Wie muss ein Hersteller eines bewährten Bauteils eigentlich dokumentieren/belegen, das jener Bauteil bewährt ist?

Lt. EN ISO 13849 muss sich der Bauteil bei vergangenen Anwendungen bewährt haben und/oder muss nach bestimmten Qualitätsstandards gefertigt worden sein. Muss der Hersteller das dem Kunden nicht irgendwie belegen?

Vielen Dank!

mfg


----------



## M-Ott (22 Februar 2018)

In DIN EN ISO 13849:2 Kapitel C.1 und D.1 steht etwas zum Thema bewährte Bauteile in der Pneumatik bzw. Hydraulik. Das sollte die Frage, ob das möglich ist, beantworten.
Ob ein Bauteil für den jeweiligen Zweck als bewährt gelten kann, bestimmt letzten Endes derjenige der es einbaut, denn nur derjenige kennt den exakten Einsatzzweck und die Einbaubedingungen, der Hersteller kann nur bestätigen, dass er bestimmte Normen erfüllt, was z.B. für Schütze ein Kriterium ist, ob sie als bewährt gelten können, die Normerfüllung ist aber nur ein Kriterium von vielen.


----------



## stevenn (22 Februar 2018)

Kapitel 6.2.4 der DIN EN ISO 13849-1 sagt genau was ein bewährtes Bauteil ist. b) entfällt wohl, wenn der Hersteller solche Aussagen macht. aber a) könnte noch eine Möglichkeit sein.


----------



## Safety (22 Februar 2018)

Hallo, 
  wenn der Hersteller für das Hydraulikventil die Bewährtheit nicht bestätigt ist das schon mal schwieriger, da habe ich auch schon sehr negative Erfahrungen gemacht, besonders mit Herstellern die nicht aus Europa kommen.  
  Wenn der Maschinenhersteller die Bewährtheit selbst erklären will muss das auch mit entsprechenden Daten hinterlegt werden. Z.B. 1000 Anwendungen in 10 Jahren keine gefährlichen Ausfälle der Komponenten. Oft ist das aber gar nicht möglich weil es kaum belastbare Rückmeldungen von den Verwendern gibt.
  Ich empfehle hier aber einfach einen anderen Hersteller zu verwenden.


----------



## safety_engineer (22 Februar 2018)

@safety, Vielen Dank für die gute Antwort.

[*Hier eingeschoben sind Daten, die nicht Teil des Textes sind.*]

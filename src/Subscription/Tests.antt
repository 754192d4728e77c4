-- ===== src/Subscription/Tests.antt =====
-- internal/subscription/service.go: one payment and one day of likes.
use dating_app_backend.Prelude.{
  ℕ, ◌+◌, ◌≤◌, ◌≡◌, refl, Bool, true, false, Option, none, some, List, [], ◌∷◌, Text, codes, arith,
  done, store_of, trim_space,
}
use dating_app_backend.Store.{like_daily}
use dating_app_backend.Subscription.Model.{
  JsonValue, json_int, json_bool, Entitlements, like_limit_reached, ManualPaymentRequest, pending,
  approved, UserSubscription, active, SubDb,
}
use dating_app_backend.Subscription.Entitlements.{
  decode_entitlements, decode_required_int, decode_required_bool,
}
use dating_app_backend.Subscription.Usage.{UsageSite, consume_feature}
use dating_app_backend.Subscription.Daily.{consume_all, used, daily_limit}
use dating_app_backend.Subscription.Review.{
  ReviewSite, next_subscription_start, approve_open, approve_tx, payment_request_detail,
  approve_payment_request, reject_payment_request, as_approved,
}
use dating_app_backend.Subscription.Periods.{NoOverlap, approve_payment_request-NoOverlap}
use dating_app_backend.Subscription.Decisions.{approved_is_final}

abbrev plan_fields : List (Text × JsonValue)
plan_fields =
    (codes "dailyLikeLimit", json_int 2)
    ∷ (codes "dailySuperLikeLimit", json_int 5)
    ∷ (codes "canUseAudioCall", json_bool true)
    ∷ (codes "canUseVideoCall", json_bool false)
    ∷ (codes "maxCallDurationSeconds", json_int 600)
    ∷ (codes "dailyCallLimitSeconds", json_int 1200)
    ∷ (codes "canSeeWhoLikedMe", json_bool true)
    ∷ (codes "canUseAdvancedFilters", json_bool false)
    ∷ []

abbrev open_request : ManualPaymentRequest
open_request = record {
  id = 4;
  uuid = 104;
  user_id = 1;
  plan_id = some 2;
  plan_code = codes "GOLD";
  plan_name = codes "Gold";
  price_amount = 900;
  currency = codes "BDT";
  duration_days = 30;
  entitlements = some plan_fields;
  payment_provider = codes "BKASH";
  payment_reference = some (codes "R1");
  payer_phone = none;
  note = none;
  status = pending;
  submitted_at = 50;
  reviewed_at = none;
  reviewed_by_admin_id = none;
  rejection_reason = none;
  subscription_id = none;
  updated_at = 50;
}

-- A subscription that still runs.
abbrev running : UserSubscription
running = record {
  id = 1;
  uuid = 61;
  user_id = 1;
  plan_id = some 2;
  payment_request_id = some 3;
  plan_code = codes "GOLD";
  plan_name = codes "Gold";
  status = active;
  starts_at = 10;
  expires_at = 500;
  entitlements = some plan_fields;
  created_at = 10;
}

abbrev before : SubDb
before = record {
  plans = [];
  requests = open_request ∷ [];
  next_request = 5;
  subscriptions = running ∷ [];
  next_subscription = 2;
  review_actions = [];
  audit_logs = [];
  usage = [];
}

abbrev letter_uuid : Text → Option ℕ
letter_uuid [] = none
letter_uuid (c ∷ []) = some c
letter_uuid (c ∷ d ∷ s) = none

abbrev no_faults : ReviewSite → Bool
no_faults _ = false

abbrev plan_entitlements : Entitlements
plan_entitlements = record {
  daily_like_limit = 2;
  daily_super_like_limit = 5;
  can_use_audio_call = true;
  can_use_video_call = false;
  max_call_duration_seconds = 600;
  daily_call_limit_seconds = 1200;
  can_see_who_liked_me = true;
  can_use_advanced_filters = false;
}

approved_run :
    approve_payment_request no_faults letter_uuid 77 100 9 (104 ∷ []) [] before
    ≡ done
        (as_approved 9 100 2 open_request, plan_entitlements)
        (store_of (approve_payment_request no_faults letter_uuid 77 100 9 (104 ∷ []) [] before))
unfolding approve_payment_request approve_tx approve_open payment_request_detail decode_entitlements
    decode_required_int decode_required_bool next_subscription_start trim_space
approved_run = refl

approved_is_final_example :
    (approved ≡ approved)
    × ((faults : ReviewSite → Bool) (su now admin : ℕ) (remark : Text)
        → store_of (
            approve_payment_request faults letter_uuid su now admin (104 ∷ []) remark (
              store_of
                (approve_payment_request no_faults letter_uuid 77 100 9 (104 ∷ []) [] before)))
          ≡ store_of (approve_payment_request no_faults letter_uuid 77 100 9 (104 ∷ []) [] before))
    × ((faults : ReviewSite → Bool) (now admin : ℕ) (reason : Text)
        → store_of (
            reject_payment_request faults letter_uuid now admin (104 ∷ []) reason (
              store_of
                (approve_payment_request no_faults letter_uuid 77 100 9 (104 ∷ []) [] before)))
          ≡ store_of (approve_payment_request no_faults letter_uuid 77 100 9 (104 ∷ []) [] before))
unfolding trim_space
approved_is_final_example =
    approved_is_final letter_uuid (104 ∷ []) 104 refl no_faults 77 100 9 [] before
      (store_of (approve_payment_request no_faults letter_uuid 77 100 9 (104 ∷ []) [] before))
      (as_approved 9 100 2 open_request, plan_entitlements) approved_run

approve_payment_request-NoOverlap_example :
    NoOverlap
      (store_of
        (approve_payment_request no_faults letter_uuid 77 100 9 (104 ∷ []) [] before)).subscriptions
approve_payment_request-NoOverlap_example =
    approve_payment_request-NoOverlap no_faults letter_uuid 77 100 9 (104 ∷ []) [] before (tt, tt)

abbrev three_calls : List ((UsageSite → Bool) × ℕ)
three_calls = (λ _. false, 10) ∷ (λ _. false, 11) ∷ (λ _. false, 12) ∷ []

third_refused : (consume_all 1 like_daily 3 2 like_limit_reached three_calls []).0 ≡ 2
unfolding consume_all consume_feature
third_refused = refl

daily_limit_example :
    (used 1 like_daily 3 (consume_all 1 like_daily 3 2 like_limit_reached three_calls []).1
      ≡ used 1 like_daily 3 [] + (consume_all 1 like_daily 3 2 like_limit_reached three_calls []).0)
    × (used 1 like_daily 3 [] + (consume_all 1 like_daily 3 2 like_limit_reached three_calls []).0
        ≤ 2)
daily_limit_example = daily_limit 1 like_daily 3 2 like_limit_reached three_calls [] (omega arith)
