-- ===== src/Lib.antt =====
-- Corella is a meeting assistant that one hosts oneself: a server (server/app, Python) takes the audio
-- of a meeting over a WebSocket, cuts it into utterances, has them transcribed, tells the voices
-- apart, and shows suggestions, action items and a report to the people of an organization. This
-- library models the server's own logic.
--
-- Prelude      shared names: tests on numbers, lists and tables of rows, Python's `str` as the list of
--              its code points.
-- Http         what a request handler answers: a value, or the HTTPException that it raises. What a
--              handler has not committed when it raises is rolled back, so an error has no state.
-- Vad          server/app/services/vad/vad.py, `UtteranceDetector`: audio in, utterances out. The
--              classifier of a frame, which a library does, is a parameter with a state of its own.
--              The loop of `feed` recurses on the length of what is left over, and every round takes a
--              frame off it.
-- RecordingLock  server/app/services/recording_lock.py and the loop that renews the lock in
--              server/app/ws/live_session.py. Redis is a parameter, a record of its commands with what
--              the program relies on. A renewal and a release are two commands each, which are steps of
--              their own, so that other sessions can come between them (Holder, Race). Renewal has the
--              loop, with the rounds whose renewal fails.
-- Organizations  server/app/api/organizations.py, server/app/api/deps.py, `register` of
--              server/app/api/auth.py and server/app/services/organizations.py. A request goes from a
--              token to an account (Deps), to the active organization and membership (Service), and
--              then to its handler (Members, Invites, Groups), which reads and writes the tables of
--              Model. Requests puts all the handlers that write into one step, and runs sequences of
--              them. `settled` is what resolving the active organization commits before the handler.
--              Tables holds the invariant of the tables, Preserve its proofs handler by handler;
--              Permits the table of permissions.
-- Diarization  server/app/services/diarization/cluster.py and the loop of `reconcile_diarization` in
--              server/app/workers/tasks.py that claims registered voices for those of a window. Assign
--              has the loop that gives segments to the voices and Overlap the search in it, Promote
--              the loop that gives speakers to the voices that have spoken enough. What the embedding
--              model and the index compute are parameters, and so is which segments still exist.
-- Meetings     the levels of access in server/app/api/meetings.py, and the visibility of documents in
--              server/app/services/access.py and server/app/api/kb.py, over the same tables.
-- Transcript   server/app/services/transcript_format.py: the names of the speakers, and their shares.
-- Chunking     server/app/services/embeddings/chunking.py. `chunk_text` recurses on fuel, the length
--              of the text; it gives no result where the fuel ends.
-- ActionItems  server/app/services/copilot/action_items.py.
-- Storage      server/app/core/storage.py: range requests over the bytes of a file, and the streaming of
--              an upload to the disk (Save), where every call may raise. The loop over chunks recurses on
--              fuel, the bytes that remain.
-- CallHooks    server/app/services/admin/call_hooks.py: what is redacted (Redact), the headers and their
--              secrets (Secrets), and the two dispatches with the rows that they log (Calls). httpx,
--              decryption and json are parameters.
-- LiveSession  server/app/ws/live_session.py: the state of a session and its handlers, which use Vad, and
--              the receive loop with what the other tasks do between two messages, as one sequence of
--              events (Loop). Finish has the handler from the lock to the finished meeting, with what may
--              raise on the way, and uses Mixing.
--              Connect has the first frame and the gate, over the tables of Organizations and the lock.
-- Alignment    server/app/services/alignment/align.py, and the loops of live_session.py and tasks.py that
--              put together what one voice says in a row.
-- Upload       `process_meeting_audio` of server/app/workers/tasks.py, which uses Alignment. What ffmpeg, the
--              transcription and the diarization give is a parameter, and so is whether the rows can be
--              stored and a failure recorded.
-- Costs        server/app/services/admin/costs.py over the ledger of server/app/services/copilot/cost.py.
--              The amounts and their addition are a parameter without laws, since they are floats, and a
--              sum adds its rows in one order. `_dense_daily` recurses on the number of the days left.
-- Mixing       server/app/services/audio/mixing.py: the chunks of the channels laid over each other, with
--              the arithmetic of numpy's int16 and int32. A conversion that divides floats is a parameter.
-- Providers    server/app/services/llm/resolve.py and server/app/services/asr/resolve.py.
--
-- Ids are numbers, and a new row has an id that was not given before. Times are in seconds or
-- milliseconds, as in the source. Rows stand in the order of their creation. A column that no modelled
-- operation reads is left out.
--
-- Not modelled: what libraries and other services do (hashing, tokens, encryption, the models for speech
-- and language, Qdrant, Redis, ffmpeg, mail), the schema migrations, the web client, and, of the
-- server's own logic, the rest of server/app/workers/tasks.py and of
-- server/app/ws/live_session.py, the tables of prices, and the handlers of settings.
pub mod ActionItems
pub mod Alignment
pub mod CallHooks
pub mod Chunking
pub mod Costs
pub mod Diarization
pub mod Http
pub mod LiveSession
pub mod Meetings
pub mod Mixing
pub mod Organizations
pub mod Prelude
pub mod Providers
pub mod RecordingLock
pub mod Storage
pub mod Transcript
pub mod Upload
pub mod Vad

@alle anderen: die Norm kenne ich und habe sie deshalb auch schon selbst in meinem Beitrag beschrieben, mir geht es eher darum das ich der Hersteller bin und von meinem Lieferanten für meinen Anwendungsfall eine Bestätigung will, dass das Ventil zum realisieren einer Sicherheitsfunktion geeignet ist.

Wie von Safety schon beschrieben könnte ich das selbst machen, aber der Erfolg wird wie schon beschrieben eher dürftig sein...

Ich werde mal einen anderen Lieferanten anfragen und mein Glück versuchen.

Um das richtig zu verstehen: Wenn Lieferanten Kategorie 1 realisieren und mir das anbieten, müssen sie für die verwendeten bewährten Bauteile (bewährte Bauteile lt. EN 13849 ein MUSS) doch eine Bestätigung liefern können, dass das Ventil ein bewährtes Bauteil ist, oder?

Ich hatte das schon für diverse Pneumatiklieferanten und ich denke in der Hydraulik ist das gleich...

mfg


----------



## stevenn (22 Februar 2018)

safety_engineer schrieb:


> @safety, Vielen Dank für die gute Antwort.
> 
> @alle anderen: die Norm kenne ich und habe sie deshalb auch schon selbst in meinem Beitrag beschrieben, mir geht es eher darum das ich der Hersteller bin ...


naja etwas anderes als Safety habe ich auch nicht gesagt. diese  *b) * und *a)* beziehen sich auf die Norm und beschreiben das was Safety geschrieb en hat.


----------



## stevenn (22 Februar 2018)

safety_engineer schrieb:


> Um das richtig zu verstehen: Wenn Lieferanten Kategorie 1 realisieren und mir das anbieten, müssen sie für die verwendeten bewährten Bauteile (bewährte Bauteile lt. EN 13849 ein MUSS) doch eine Bestätigung liefern können, dass das Ventil ein bewährtes Bauteil ist, oder?


sehe ich auch so


----------



## sepp123 (29 August 2019)

Safety schrieb:


> Wenn der Maschinenhersteller die Bewährtheit selbst erklären will muss das auch mit entsprechenden Daten hinterlegt werden. Z.B. 1000 Anwendungen in 10 Jahren keine gefährlichen Ausfälle der Komponenten.



Hallo Kollegen

hat das schon mal wer gemacht? bzw. kann mir einer sagen, wieviele Anwendungen und Jahre es sein müssen, um ein Bauteil als bewährt einzustufen? Gibt es aussagekräftige Dokumente?

SG Sepp


----------



## Credofire (30 August 2019)

Ich versuche zu diesem Thema immer Hersteller bzw. Teile zu verwenden, wo der Hersteller auch Sicherheitskenndaten mit angibt, also B10d usw. Somit denke ich, ist man sicher, das es sich um ein bewährtes Bauteil handelt. Sonst würde der Hersteller diese Werte ja nicht angeben. Ich würde da immer eher auf namhafte Hersteller setzen, was sicherheitsrelevante Teile angeht.

Wie oben schon angeführt, dürfte es, gerade im Ernstfall, schwer werden, diese Bewährtheit rechtssicher nachzuweisen. Es sei denn, man hat vor 10 Jahren mit der Dokumentation angefangen.


----------